P111110: Speeding up large scale data quality validation: the Gilberto project

We already discussed in previous posts of the importance of data quality validation as part of the data operations toolbox, along with a metadata management solution such as Mastro. However, we never really discussed the integration of those two aspects. Data catalogues and Feature stores are becoming standard design patterns in enabling on one hand data annotation, discovery and lineage tracking; while on the other hand feature stores assure basic quality constraint on produced features, in order to enable reuse and presidium of data assets by continuously monitoring it for deviations from expected requirements. While catalogues allow for building a dependency graph of data assets, they do not go into the statistical details of monitored data assets; Similarly, feature stores are meant to abstract repetitive feature extraction processes that can occur on different environments, be it a data science notebook or a scheduled pipeline, often written with different frameworks and languages; Feature stores also allow for the versioning of those computations in order to achieve repeatability. A similar goal is meant for ML models by means of model registries.
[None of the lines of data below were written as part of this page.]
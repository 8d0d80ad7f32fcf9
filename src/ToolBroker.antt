-- ===== src/ToolBroker.antt =====
-- electron/conversation/toolBroker.ts: host tools that an agent's runtime may call.
pub mod Inspection
pub mod InspectionLaws
pub mod Definitions
pub mod Broker
pub mod Invariant
pub mod Steps
pub mod Calls
pub mod Shutdown
pub mod Results
pub mod Compiled
pub mod Outcomes
pub mod Admission
pub mod Launching
pub mod Examples
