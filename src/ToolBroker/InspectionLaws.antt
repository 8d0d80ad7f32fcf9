-- ===== src/ToolBroker/InspectionLaws.antt =====
-- `inspectJson` against an independent description: the size of the JSON text and the depth.
use tea_desktop.Base.{
  ℕ, ◌+◌, ◌≤◌, ◌≡◌, refl, ◌↔◌, Bool, true, false, ◌&&◌, [], ◌∷◌, if◌then◌else◌, ltb, arith, length,
  ap, ◌∙◌, &&-eq-true, Bool-cases, inl, inr,
}
use Prim.Native.Nat.{max}
use tea_desktop.Base.Text.{Text}
use tea_desktop.Conversation.Values.{
  Json, null, boolean, number, string, array, object, other, Items, nil, cons, Fields, end, field,
}
use tea_desktop.ToolBroker.Inspection.{
  byte_length, quoted_length, JsonInspection, valid, invalid, depth_exceeded, size_exceeded,
  and_then, charge, comma, visit_key, visit_string, escaped_length, unit_bytes, escaped_bytes,
  is_high, is_low, visit, visit_items, visit_fields, inspect_json,
}

-- The bytes of `JSON.stringify(value)`, the depth of a value, and whether all of it is JSON.
mutual
  pub json_length : Json → ℕ
  json_length null = 4
  json_length (boolean b) = if b then 4 else 5
  json_length (number n) = length n.printed
  json_length (string s) = quoted_length s
  json_length (array items) = 2 + items_length items true
  json_length (object fields) = 2 + fields_length fields true
  json_length other = 0

  pub items_length : Items → Bool → ℕ
  items_length nil first = 0
  items_length (cons item items) first =
      (if first then 0 else 1) + json_length item + items_length items false

  pub fields_length : Fields → Bool → ℕ
  fields_length end first = 0
  fields_length (field key item fields) first =
      (if first then 0 else 1)
      + (quoted_length key + 1)
      + json_length item
      + fields_length fields false

mutual
  pub json_depth : Json → ℕ
  json_depth (array items) = 1 + items_depth items
  json_depth (object fields) = 1 + fields_depth fields
  json_depth null = 1
  json_depth (boolean b) = 1
  json_depth (number n) = 1
  json_depth (string s) = 1
  json_depth other = 1

  pub items_depth : Items → ℕ
  items_depth nil = 0
  items_depth (cons item items) = max (json_depth item) (items_depth items)

  pub fields_depth : Fields → ℕ
  fields_depth end = 0
  fields_depth (field key item fields) = max (json_depth item) (fields_depth fields)

mutual
  pub is_plain : Json → Bool
  is_plain null = true
  is_plain (boolean b) = true
  is_plain (number n) = n.finite
  is_plain (string s) = true
  is_plain (array items) = are_plain items
  is_plain (object fields) = fields_plain fields
  is_plain other = false

  pub are_plain : Items → Bool
  are_plain nil = true
  are_plain (cons item items) = is_plain item && are_plain items

  pub fields_plain : Fields → Bool
  fields_plain end = true
  fields_plain (field key item fields) = is_plain item && fields_plain fields

unit_bytes-le : (c : ℕ) → unit_bytes c ≤ escaped_bytes c
unit_bytes-le c = ground arith

-- A text is never shorter in quotes.
byte_length-escaped : (s : Text) → byte_length s ≤ escaped_length s
unfolding byte_length escaped_length
byte_length-escaped [] = omega arith
byte_length-escaped (c ∷ []) = unit_bytes-le c
byte_length-escaped (c ∷ d ∷ s) = elim (Bool-cases (is_high c && is_low d)) [
  | inl e ↦ rw e (omega (arith, byte_length-escaped s))
  | inr e ↦ rw e (omega (arith, byte_length-escaped (d ∷ s), unit_bytes-le c))
]

byte_length-quoted : (s : Text) → byte_length s + 2 ≤ quoted_length s
unfolding quoted_length
byte_length-quoted s = omega (arith, byte_length-escaped s)

and_then_valid :
    (r : JsonInspection × ℕ) (rest : ℕ → JsonInspection × ℕ) (m : ℕ)
    → and_then r rest ≡ (valid, m)
    → (n : ℕ) × (r ≡ (valid, n)) × (rest n ≡ (valid, m))
unfolding and_then
and_then_valid (valid, n) rest m h = (n, refl, h)
and_then_valid (invalid, n) rest m h = cc
and_then_valid (depth_exceeded, n) rest m h = cc
and_then_valid (size_exceeded, n) rest m h = cc

charge_valid :
    (limit bytes amount n : ℕ)
    → charge limit bytes amount ≡ (valid, n)
    → (n ≡ bytes + amount) × (n ≤ limit)
charge_valid limit bytes amount n h = ground arith

comma_valid :
    (limit depth : ℕ) (first : Bool) (bytes n : ℕ)
    → comma limit depth first bytes ≡ (valid, n)
    → bytes ≤ limit
    → (n ≡ bytes + (if first then 0 else 1)) × (n ≤ limit)
comma_valid limit depth first bytes n h b = ground arith

key_valid :
    (limit depth : ℕ) (key : Text) (bytes n : ℕ)
    → visit_key limit depth key bytes ≡ (valid, n)
    → (n ≡ bytes + (quoted_length key + 1)) × (n ≤ limit)
unfolding visit_key
key_valid limit depth key bytes n h = ground arith

string_valid :
    (limit depth : ℕ) (s : Text) (bytes n : ℕ)
    → visit_string limit depth s bytes ≡ (valid, n)
    → (n ≡ bytes + quoted_length s) × (n ≤ limit)
unfolding visit_string
string_valid limit depth s bytes n h = ground arith

charge_complete :
    (limit bytes amount : ℕ)
    → bytes + amount ≤ limit
    → charge limit bytes amount ≡ (valid, bytes + amount)
charge_complete limit bytes amount h = ground arith

comma_complete :
    (limit depth : ℕ) (first : Bool) (bytes : ℕ)
    → bytes + (if first then 0 else 1) ≤ limit
    → comma limit depth first bytes ≡ (valid, bytes + (if first then 0 else 1))
comma_complete limit depth first bytes h = ground arith

key_complete :
    (limit depth : ℕ) (key : Text) (bytes : ℕ)
    → bytes + (quoted_length key + 1) ≤ limit
    → visit_key limit depth key bytes ≡ (valid, bytes + (quoted_length key + 1))
unfolding visit_key
key_complete limit depth key bytes h = ground (arith, byte_length-quoted key)

string_complete :
    (limit depth : ℕ) (s : Text) (bytes : ℕ)
    → bytes + quoted_length s ≤ limit
    → visit_string limit depth s bytes ≡ (valid, bytes + quoted_length s)
unfolding visit_string
string_complete limit depth s bytes h = ground (arith, byte_length-quoted s)

ltb-false : (a b : ℕ) → b ≤ a → ltb a b ≡ false
ltb-false a b h = ground arith

module _ (max_bytes max_depth : ℕ) where
  mutual
    unfolding visit visit_items visit_fields json_length items_length fields_length json_depth
        items_depth fields_depth is_plain are_plain fields_plain

    visit_sound :
        (v : Json) (depth bytes bytes' : ℕ)
        → visit max_bytes max_depth v depth bytes ≡ (valid, bytes')
        → (bytes' ≡ bytes + json_length v)
          × (bytes' ≤ max_bytes)
          × (is_plain v ≡ true)
          × (depth + json_depth v ≤ max_depth + 1)
    visit_sound null depth bytes bytes' h = ground arith
    visit_sound (boolean b) depth bytes bytes' h = ground arith
    visit_sound (number n) depth bytes bytes' h = ground arith
    visit_sound (string s) depth bytes bytes' h = ground arith
    visit_sound other depth bytes bytes' h = ground arith
    visit_sound (array items) depth bytes bytes' h = elim (Bool-cases (ltb max_depth depth)) [
      | inl deep ↦ cc (rw deep at h)
      | inr fits ↦
          let (n, c, h₁) = and_then_valid (charge max_bytes bytes 2) _ bytes' (rw fits at h) in
          let two = charge_valid max_bytes bytes 2 n c in
          let rest = items_sound items depth true n bytes' h₁ two.1 (ground arith) in
          ground (arith, two, rest)
    ]
    visit_sound (object fields) depth bytes bytes' h = elim (Bool-cases (ltb max_depth depth)) [
      | inl deep ↦ cc (rw deep at h)
      | inr fits ↦
          let (n, c, h₁) = and_then_valid (charge max_bytes bytes 2) _ bytes' (rw fits at h) in
          let two = charge_valid max_bytes bytes 2 n c in
          let rest = fields_sound fields depth true n bytes' h₁ two.1 (ground arith) in
          ground (arith, two, rest)
    ]

    items_sound :
        (xs : Items) (depth : ℕ) (first : Bool) (bytes bytes' : ℕ)
        → visit_items max_bytes max_depth xs depth first bytes ≡ (valid, bytes')
        → bytes ≤ max_bytes
        → depth ≤ max_depth
        → (bytes' ≡ bytes + items_length xs first)
          × (bytes' ≤ max_bytes)
          × (are_plain xs ≡ true)
          × (depth + items_depth xs ≤ max_depth)
    items_sound nil depth first bytes bytes' h b d = ground arith
    items_sound (cons item items) depth first bytes bytes' h b d =
        let (n, c, h₁) = and_then_valid (comma max_bytes max_depth first bytes) _ bytes' h in
        let (m, v, h₂) =
          and_then_valid (visit max_bytes max_depth item (depth + 1) n) _ bytes' h₁ in
        let one = visit_sound item (depth + 1) n m v in
        let rest = items_sound items depth false m bytes' h₂ one.1 d in
        ground (arith, comma_valid max_bytes max_depth first bytes n c b, one, rest)

    fields_sound :
        (xs : Fields) (depth : ℕ) (first : Bool) (bytes bytes' : ℕ)
        → visit_fields max_bytes max_depth xs depth first bytes ≡ (valid, bytes')
        → bytes ≤ max_bytes
        → depth ≤ max_depth
        → (bytes' ≡ bytes + fields_length xs first)
          × (bytes' ≤ max_bytes)
          × (fields_plain xs ≡ true)
          × (depth + fields_depth xs ≤ max_depth)
    fields_sound end depth first bytes bytes' h b d = ground arith
    fields_sound (field key item fields) depth first bytes bytes' h b d =
        let (n, c, h₁) = and_then_valid (comma max_bytes max_depth first bytes) _ bytes' h in
        let (k, s, h₂) = and_then_valid (visit_key max_bytes max_depth key n) _ bytes' h₁ in
        let (m, v, h₃) =
          and_then_valid (visit max_bytes max_depth item (depth + 1) k) _ bytes' h₂ in
        let one = visit_sound item (depth + 1) k m v in
        let rest = fields_sound fields depth false m bytes' h₃ one.1 d in
        ground (
          arith,
          comma_valid max_bytes max_depth first bytes n c b,
          key_valid max_bytes max_depth key n k s,
          one,
          rest,
        )

and_then_step :
    (r : JsonInspection × ℕ) (rest : ℕ → JsonInspection × ℕ) (n m : ℕ)
    → r ≡ (valid, n)
    → rest n ≡ (valid, m)
    → and_then r rest ≡ (valid, m)
unfolding and_then
and_then_step r rest n m e h = rw e h

module _ (max_bytes max_depth : ℕ) where
  mutual
    unfolding visit visit_items visit_fields json_length items_length fields_length json_depth
        items_depth fields_depth is_plain are_plain fields_plain

    visit_complete :
        (v : Json) (depth bytes : ℕ)
        → is_plain v ≡ true
        → depth + json_depth v ≤ max_depth + 1
        → bytes + json_length v ≤ max_bytes
        → visit max_bytes max_depth v depth bytes ≡ (valid, bytes + json_length v)
    visit_complete null depth bytes p d b = ground arith
    visit_complete (boolean x) depth bytes p d b = ground arith
    visit_complete (number n) depth bytes p d b = ground arith
    visit_complete (string s) depth bytes p d b =
        ground (arith, string_complete max_bytes max_depth s bytes)
    visit_complete other depth bytes p d b = cc
    visit_complete (array items) depth bytes p d b = rw (ltb-false max_depth depth (omega arith)) (
        and_then_step (charge max_bytes bytes 2) _ (bytes + 2) _
          (charge_complete max_bytes bytes 2 (omega arith))
          (items_complete items depth true (bytes + 2) p (omega arith) (omega arith)
            ∙ ap (λ (n : ℕ). (valid, n)) (omega arith)))
    visit_complete (object fields) depth bytes p d b =
        rw (ltb-false max_depth depth (omega arith)) (
          and_then_step (charge max_bytes bytes 2) _ (bytes + 2) _
            (charge_complete max_bytes bytes 2 (omega arith))
            (fields_complete fields depth true (bytes + 2) p (omega arith) (omega arith)
              ∙ ap (λ (n : ℕ). (valid, n)) (omega arith)))

    items_complete :
        (xs : Items) (depth : ℕ) (first : Bool) (bytes : ℕ)
        → are_plain xs ≡ true
        → depth + items_depth xs ≤ max_depth
        → bytes + items_length xs first ≤ max_bytes
        → visit_items max_bytes max_depth xs depth first bytes
          ≡ (valid, bytes + items_length xs first)
    items_complete nil depth first bytes p d b = ap (λ (n : ℕ). (valid, n)) (omega arith)
    items_complete (cons item items) depth first bytes p d b =
        let c : ℕ = if first then 0 else 1 in
        let l = json_length item in
        let (p₁, p₂) = &&-eq-true (is_plain item) (are_plain items) p in
        and_then_step (comma max_bytes max_depth first bytes) _ (bytes + c) _
          (comma_complete max_bytes max_depth first bytes (omega arith))
          (and_then_step (visit max_bytes max_depth item (depth + 1) (bytes + c)) _ (bytes + c + l)
            _ (visit_complete item (depth + 1) (bytes + c) p₁ (omega arith) (omega arith))
            (items_complete items depth false (bytes + c + l) p₂ (omega arith) (omega arith)
              ∙ ap (λ (n : ℕ). (valid, n)) (omega arith)))

    fields_complete :
        (xs : Fields) (depth : ℕ) (first : Bool) (bytes : ℕ)
        → fields_plain xs ≡ true
        → depth + fields_depth xs ≤ max_depth
        → bytes + fields_length xs first ≤ max_bytes
        → visit_fields max_bytes max_depth xs depth first bytes
          ≡ (valid, bytes + fields_length xs first)
    fields_complete end depth first bytes p d b = ap (λ (n : ℕ). (valid, n)) (omega arith)
    fields_complete (field key item fields) depth first bytes p d b =
        let c : ℕ = if first then 0 else 1 in
        let q = quoted_length key + 1 in
        let l = json_length item in
        let (p₁, p₂) = &&-eq-true (is_plain item) (fields_plain fields) p in
        and_then_step (comma max_bytes max_depth first bytes) _ (bytes + c) _
          (comma_complete max_bytes max_depth first bytes (omega arith))
          (and_then_step (visit_key max_bytes max_depth key (bytes + c)) _ (bytes + c + q) _
            (key_complete max_bytes max_depth key (bytes + c) (omega arith))
            (and_then_step (visit max_bytes max_depth item (depth + 1) (bytes + c + q)) _
              (bytes + c + q + l) _
              (visit_complete item (depth + 1) (bytes + c + q) p₁ (omega arith) (omega arith))
              (fields_complete fields depth false (bytes + c + q + l) p₂ (omega arith) (omega arith)
                ∙ ap (λ (n : ℕ). (valid, n)) (omega arith))))

-- `inspectJson` says `valid` of exactly those values all of which is JSON, whose nesting is at most
-- the depth limit and whose text `JSON.stringify(value)` takes at most the limit of bytes in UTF-8.
pub inspect_json_iff :
    (max_bytes max_depth : ℕ) (v : Json)
    → (inspect_json max_bytes max_depth v ≡ valid)
      ↔ ((is_plain v ≡ true) × (json_depth v ≤ max_depth) × (json_length v ≤ max_bytes))
unfolding inspect_json
inspect_json_iff max_bytes max_depth v = (
  λ h.
      let r = visit max_bytes max_depth v 1 0 in
      let s = visit_sound max_bytes max_depth v 1 0 r.1 (ap (λ (x : JsonInspection). (x, r.1)) h) in
      (s.2, omega arith, omega arith),
  λ h.
      ap (λ (x : JsonInspection × ℕ). x.0)
        (visit_complete max_bytes max_depth v 1 0 h.0 (omega arith) (omega arith)),
)
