-- ===== src/Bulk/Layout.antt =====
-- adsApp/src/adsAsynPortDriver.cpp, adsAddToBulkRead: the shape of the table of bulk reads, and where
-- the slot of a parameter lies in it.
use twincat_ads.Base.Int.{pos}
use twincat_ads.Ads.{AdsParamInfo, AdsApi}
use twincat_ads.Bulk.{
  SumEntry, BulkReadInfo, BulkState, search_from, maxbulk, bulksiz, open_bulk, append_param,
  fill_slot, allocate, slot_of,
}
use native.Mathlib.Decide.{dec_lt}
use twincat_ads.Base.{
  ℕ, zero, suc, ◌+◌, ◌%◌, ◌^◌, ◌≤◌, ◌<◌, ◌≡◌, ◌⊎◌, Bool, true, false, List, arith,
}

pub search_from_bounds :
    (n : ℕ) (test : ℕ → Bool) (i : ℕ) → (i ≤ search_from n test i) × (search_from n test i ≤ i + n)
unfolding search_from
search_from_bounds zero test i = omega arith
search_from_bounds (suc n) test i = ground (arith, search_from_bounds n test (suc i))

pub search_from_hit :
    (n : ℕ) (test : ℕ → Bool) (i : ℕ)
    → search_from n test i < i + n
    → test (search_from n test i) ≡ true
unfolding search_from
search_from_hit zero test i h = absurd (omega arith)
search_from_hit (suc n) test i h = ground (arith, search_from_hit n test (suc i))

pub search_from_first :
    (n : ℕ) (test : ℕ → Bool) (i j : ℕ) → i ≤ j → j < search_from n test i → test j ≡ false
unfolding search_from
search_from_first zero test i j lo hi = absurd (omega arith)
search_from_first (suc n) test i j lo hi = elim (dec_lt i j) [
  | yes later ↦ ground (arith, search_from_first n test (suc i) j later)
  | no first ↦ let here : i ≡ j = omega arith in rw (← here) (ground arith)
]

-- Bytes of the reply: a status and the data for each slot.
pub total : ℕ → (ℕ → SumEntry) → ℕ
total zero sum = 0
total (suc n) sum = total n sum + ((sum n).i_size + 4)

-- A used entry.
pub record IsFilled (b : BulkReadInfo) : Type 0 where
  pub two_stamps : 2 ≤ b.cnt
  pub fits : b.cnt ≤ bulksiz
  pub reply_size : b.read_size ≡ total b.cnt b.sum % 2 ^ 32

pub record IsLaidOut (s : BulkState) : Type 0 where
  pub entries : (i : ℕ) → ((s.bulk i).cnt ≡ 0) ⊎ IsFilled (s.bulk i)
  -- The loops over `bulk` stop at the first unused entry.
  pub in_order : (i : ℕ) → (s.bulk i).cnt ≡ 0 → (s.bulk (suc i)).cnt ≡ 0
  -- Nothing was written behind the end of bulkTS.
  pub intact : s.overrun ≡ false

module _ {W : Type 0} (api : AdsApi W) (remote_net_id : List ℕ) (client : ℕ) where
  -- The entry that a new request goes to, after its time stamp slots are there.
  record IsOpen (ams_port : ℕ) (b : BulkReadInfo) : Type 0 where
    stamps : 2 ≤ b.cnt
    room : b.cnt < bulksiz
    size : b.read_size ≡ total b.cnt b.sum % 2 ^ 32
    port : b.ams_port ≡ ams_port

  -- What the new slot of a parameter holds.
  pub record IsPlaced (p q : AdsParamInfo) (i : ℕ) (s : BulkState) : Type 0 where
    pub offset : ℕ
    pub assigned : (q.bulk_index ≡ pos i) × (q.bulk_offset ≡ pos offset)
    pub in_arrays : (i < maxbulk) × (2 ≤ offset) × (offset < bulksiz)
    pub counted : (s.bulk i).cnt ≡ suc offset
    pub request : (s.bulk i).sum offset ≡ slot_of api remote_net_id client p
    pub owner : (s.bulk i).param_id offset ≡ p.param_index
    pub same_port : (s.bulk i).ams_port ≡ p.ams_port

  allocated :
      (p : AdsParamInfo) (s : BulkState) (w : W) (i : ℕ)
      → i < maxbulk
      → allocate api remote_net_id client p s w i
        ≡ fill_slot api remote_net_id client (
            append_param api remote_net_id client i p
              (open_bulk api remote_net_id client i p.ams_port s w))
  unfolding allocate
  allocated p s w i h = ground arith
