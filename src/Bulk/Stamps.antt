-- ===== src/Bulk/Stamps.antt =====
-- adsApp/src/adsAsynPortDriver.cpp, adsFindBulkTimeStamp: the table `bulkTS` of time stamp handles.
use twincat_ads.Ads.{AdsApi}
use twincat_ads.Bulk.{
  BulkState, maxtsentry, find_stamp, refresh_stamp, add_stamp, ads_find_bulk_time_stamp,
}
use twincat_ads.Bulk.Layout.{search_from_bounds, search_from_hit, search_from_first}
use native.Mathlib.Decide.{dec_lt}
use twincat_ads.Base.{ℕ, suc, ◌≤◌, ◌<◌, ◌≡◌, refl, ◌∙◌, ◌≢◌, ◌⊎◌, inl, inr, List, arith, ◌==◌}

-- The used entries belong to different ports.
pub record IsOnePerPort (s : BulkState) : Type 0 where
  pub distinct :
      (i j : ℕ)
      → i < s.bulk_ts_cnt
      → j < s.bulk_ts_cnt
      → (s.bulk_ts i).ams_port ≡ (s.bulk_ts j).ams_port
      → i ≡ j

find_stamp-le : (ams_port : ℕ) (s : BulkState) → find_stamp ams_port s ≤ s.bulk_ts_cnt
unfolding find_stamp
find_stamp-le ams_port s =
    omega (arith, search_from_bounds s.bulk_ts_cnt (λ i. ams_port == (s.bulk_ts i).ams_port) 0)

find_stamp_known :
    (ams_port : ℕ) (s : BulkState)
    → find_stamp ams_port s < s.bulk_ts_cnt
    → (s.bulk_ts (find_stamp ams_port s)).ams_port ≡ ams_port
unfolding find_stamp
find_stamp_known ams_port s h =
    ground (
      arith,
      search_from_hit s.bulk_ts_cnt (λ i. ams_port == (s.bulk_ts i).ams_port) 0 (omega arith),
    )

find_stamp_before :
    (ams_port : ℕ) (s : BulkState) (j : ℕ)
    → j < find_stamp ams_port s
    → (s.bulk_ts j).ams_port ≢ ams_port
unfolding find_stamp
find_stamp_before ams_port s j h e = ground (
  arith,
  search_from_first s.bulk_ts_cnt (λ i. ams_port == (s.bulk_ts i).ams_port) 0 j (omega arith) h,
)

module _ {W : Type 0} (api : AdsApi W) (remote_net_id : List ℕ) (client : ℕ) where
  refresh_ports :
      (ams_port i : ℕ) (s : BulkState) (w : W) (j : ℕ)
      → let r = refresh_stamp api remote_net_id client ams_port i s w in
        (r.0 ≡ i)
        × (r.1.bulk_ts_cnt ≡ s.bulk_ts_cnt)
        × ((r.1.bulk_ts j).ams_port ≡ (s.bulk_ts j).ams_port)
  unfolding refresh_stamp
  refresh_ports ams_port i s w j = ground arith

  refresh-IsOnePerPort :
      (ams_port i : ℕ) (s : BulkState) (w : W)
      → IsOnePerPort s
      → IsOnePerPort (refresh_stamp api remote_net_id client ams_port i s w).1
  refresh-IsOnePerPort ams_port i s w h = record {
    distinct = λ a b ha hb e.
        ground
          (arith, h.distinct a b, refresh_ports ams_port i s w a, refresh_ports ams_port i s w b);
  }

  add_stamp-IsOnePerPort :
      (ams_port : ℕ) (s : BulkState)
      → IsOnePerPort s
      → ((j : ℕ) → j < s.bulk_ts_cnt → (s.bulk_ts j).ams_port ≢ ams_port)
      → IsOnePerPort (add_stamp ams_port s)
  unfolding add_stamp
  add_stamp-IsOnePerPort ams_port s h absent = record {
    distinct = λ a b ha hb e. ground (arith, h.distinct a b, absent a, absent b);
  }

  stamp_known :
      (ams_port : ℕ) (s : BulkState) (w : W)
      → find_stamp ams_port s < s.bulk_ts_cnt
      → ads_find_bulk_time_stamp api remote_net_id client ams_port s w
        ≡ refresh_stamp api remote_net_id client ams_port (find_stamp ams_port s) s w
  unfolding ads_find_bulk_time_stamp
  stamp_known ams_port s w h = ground arith

  stamp_missing :
      (ams_port : ℕ) (s : BulkState) (w : W)
      → find_stamp ams_port s ≡ s.bulk_ts_cnt
      → ads_find_bulk_time_stamp api remote_net_id client ams_port s w
        ≡ refresh_stamp api remote_net_id client ams_port s.bulk_ts_cnt (add_stamp ams_port s) w
  unfolding ads_find_bulk_time_stamp
  stamp_missing ams_port s w h = ground arith

  added :
      (ams_port : ℕ) (s : BulkState)
      → ((add_stamp ams_port s).bulk_ts_cnt ≡ suc s.bulk_ts_cnt)
        × (((add_stamp ams_port s).bulk_ts s.bulk_ts_cnt).ams_port ≡ ams_port)
  unfolding add_stamp
  added ams_port s = (refl, ground arith)

  -- The lookup of a port's time stamp entry answers an index of an entry for this port. The entries of
  -- different indices keep different ports, at most one entry is added, and it is added only if the
  -- port had none. The entry lies within the array as long as fewer than MAXTSENTRY entries were in use.
  pub ads_find_bulk_time_stamp-IsOnePerPort :
      (ams_port : ℕ) (s : BulkState) (w : W)
      → IsOnePerPort s
      → let (i, t, w') = ads_find_bulk_time_stamp api remote_net_id client ams_port s w in
        IsOnePerPort t
        × ((t.bulk_ts i).ams_port ≡ ams_port)
        × (i < t.bulk_ts_cnt)
        × ((t.bulk_ts_cnt ≡ s.bulk_ts_cnt)
            ⊎ ((i ≡ s.bulk_ts_cnt)
                × (t.bulk_ts_cnt ≡ suc s.bulk_ts_cnt)
                × ((j : ℕ) → j < s.bulk_ts_cnt → (s.bulk_ts j).ams_port ≢ ams_port)))
        × (s.bulk_ts_cnt < maxtsentry → i < maxtsentry)
  ads_find_bulk_time_stamp-IsOnePerPort ams_port s w h =
      elim (dec_lt (find_stamp ams_port s) s.bulk_ts_cnt) [
        | yes known ↦
            let i = find_stamp ams_port s in
            let r = refresh_ports ams_port i s w i in
            rw (stamp_known ams_port s w known) (
              refresh-IsOnePerPort ams_port i s w h,
              rw r.0 (r.2 ∙ find_stamp_known ams_port s known),
              omega (arith, r),
              inl r.1,
              λ lt. omega (arith, r),
            )
        | no missing ↦
            let n = s.bulk_ts_cnt in
            let at_end : find_stamp ams_port s ≡ n = omega (arith, find_stamp-le ams_port s) in
            let absent : (j : ℕ) → j < n → (s.bulk_ts j).ams_port ≢ ams_port =
              λ j lt. find_stamp_before ams_port s j (omega arith) in
            let t = add_stamp ams_port s in
            let r = refresh_ports ams_port n t w n in
            let a = added ams_port s in
            rw (stamp_missing ams_port s w at_end) (
              refresh-IsOnePerPort ams_port n t w (add_stamp-IsOnePerPort ams_port s h absent),
              rw r.0 (r.2 ∙ a.1),
              omega (arith, r, a),
              inr (r.0, r.1 ∙ a.0, absent),
              λ lt. omega (arith, r),
            )
      ]

  -- With MAXTSENTRY entries or more in use, a port that has none gets an index outside of `bulkTS`, and
  -- the count of used entries passes the array's size: there is no check.
  pub ads_find_bulk_time_stamp_overflow :
      (ams_port : ℕ) (s : BulkState) (w : W)
      → maxtsentry ≤ s.bulk_ts_cnt
      → ((j : ℕ) → j < s.bulk_ts_cnt → (s.bulk_ts j).ams_port ≢ ams_port)
      → let (i, t, w') = ads_find_bulk_time_stamp api remote_net_id client ams_port s w in
        (maxtsentry ≤ i) × (maxtsentry < t.bulk_ts_cnt)
  ads_find_bulk_time_stamp_overflow ams_port s w full absent =
      let n = s.bulk_ts_cnt in
      let at_end : find_stamp ams_port s ≡ n = elim (dec_lt (find_stamp ams_port s) n) [
        | yes known ↦
            absurd (absent (find_stamp ams_port s) known (find_stamp_known ams_port s known))
        | no missing ↦ omega (arith, find_stamp-le ams_port s)
      ] in
      let r = refresh_ports ams_port n (add_stamp ams_port s) w n in
      rw (stamp_missing ams_port s w at_end) (omega (arith, r), omega (arith, r, added ams_port s))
As it appears, catalogues and feature stores target lineage and computational aspects rather than data-centric ones, that is, without going into data quality matters, such as completeness, accuracy, timeliness, integrity, validity (e.g. wrt a type schema), distribution; These are target by so call metrics stores, which store data quality metrics as calculated by specific runs of quality validation pipelines;

Example data quality frameworks are:

All of those require to some extent some customization for the data source of interest. Great expectations is a Python-centric tool meant to provide a meta-language to define constraints that can be run by multiple backends. Similarly, TFX DV originated from the Tensorflow project and can extract meaningful statistics from data represented in common formats, such as TFRecord; Deequ is a library written in Scala Spark and offers in my opinion the most general purpose tool out of those, especially when targeting data generally sitting in data warehouses, on either HDFS or S3, as it is common nowadays and where Spark really excels. Deequ benefits from the great integration of Spark on modern data processing technologies to offer mainly the following:

profiling - extraction of statistics on input Data(frames);
constraint suggestion - extraction of meaningful constraints based on profiled Data(frames)
validation - enforcement of Checks to detect deviations
anomaly detection - to detect deviations over time from common characteristics

Deequ is an amazing tool, but still requires some customization, to load those data sources and define checks. Moreover, whereas computed metrics can be saved to so called metrics repositories, they are provided as either an InMemoryMetricsRepository and a FileSystemMetricsRepository. The former is basically a Concurrent Hash map, while the second is a connector allowing for writing a json file of kind metrics.json to HDFS or S3. Clearly, this has various drawbacks. Most of all, writing to a unique file blob all metrics does not scale and does not allow for querying from Presto and other engines alike.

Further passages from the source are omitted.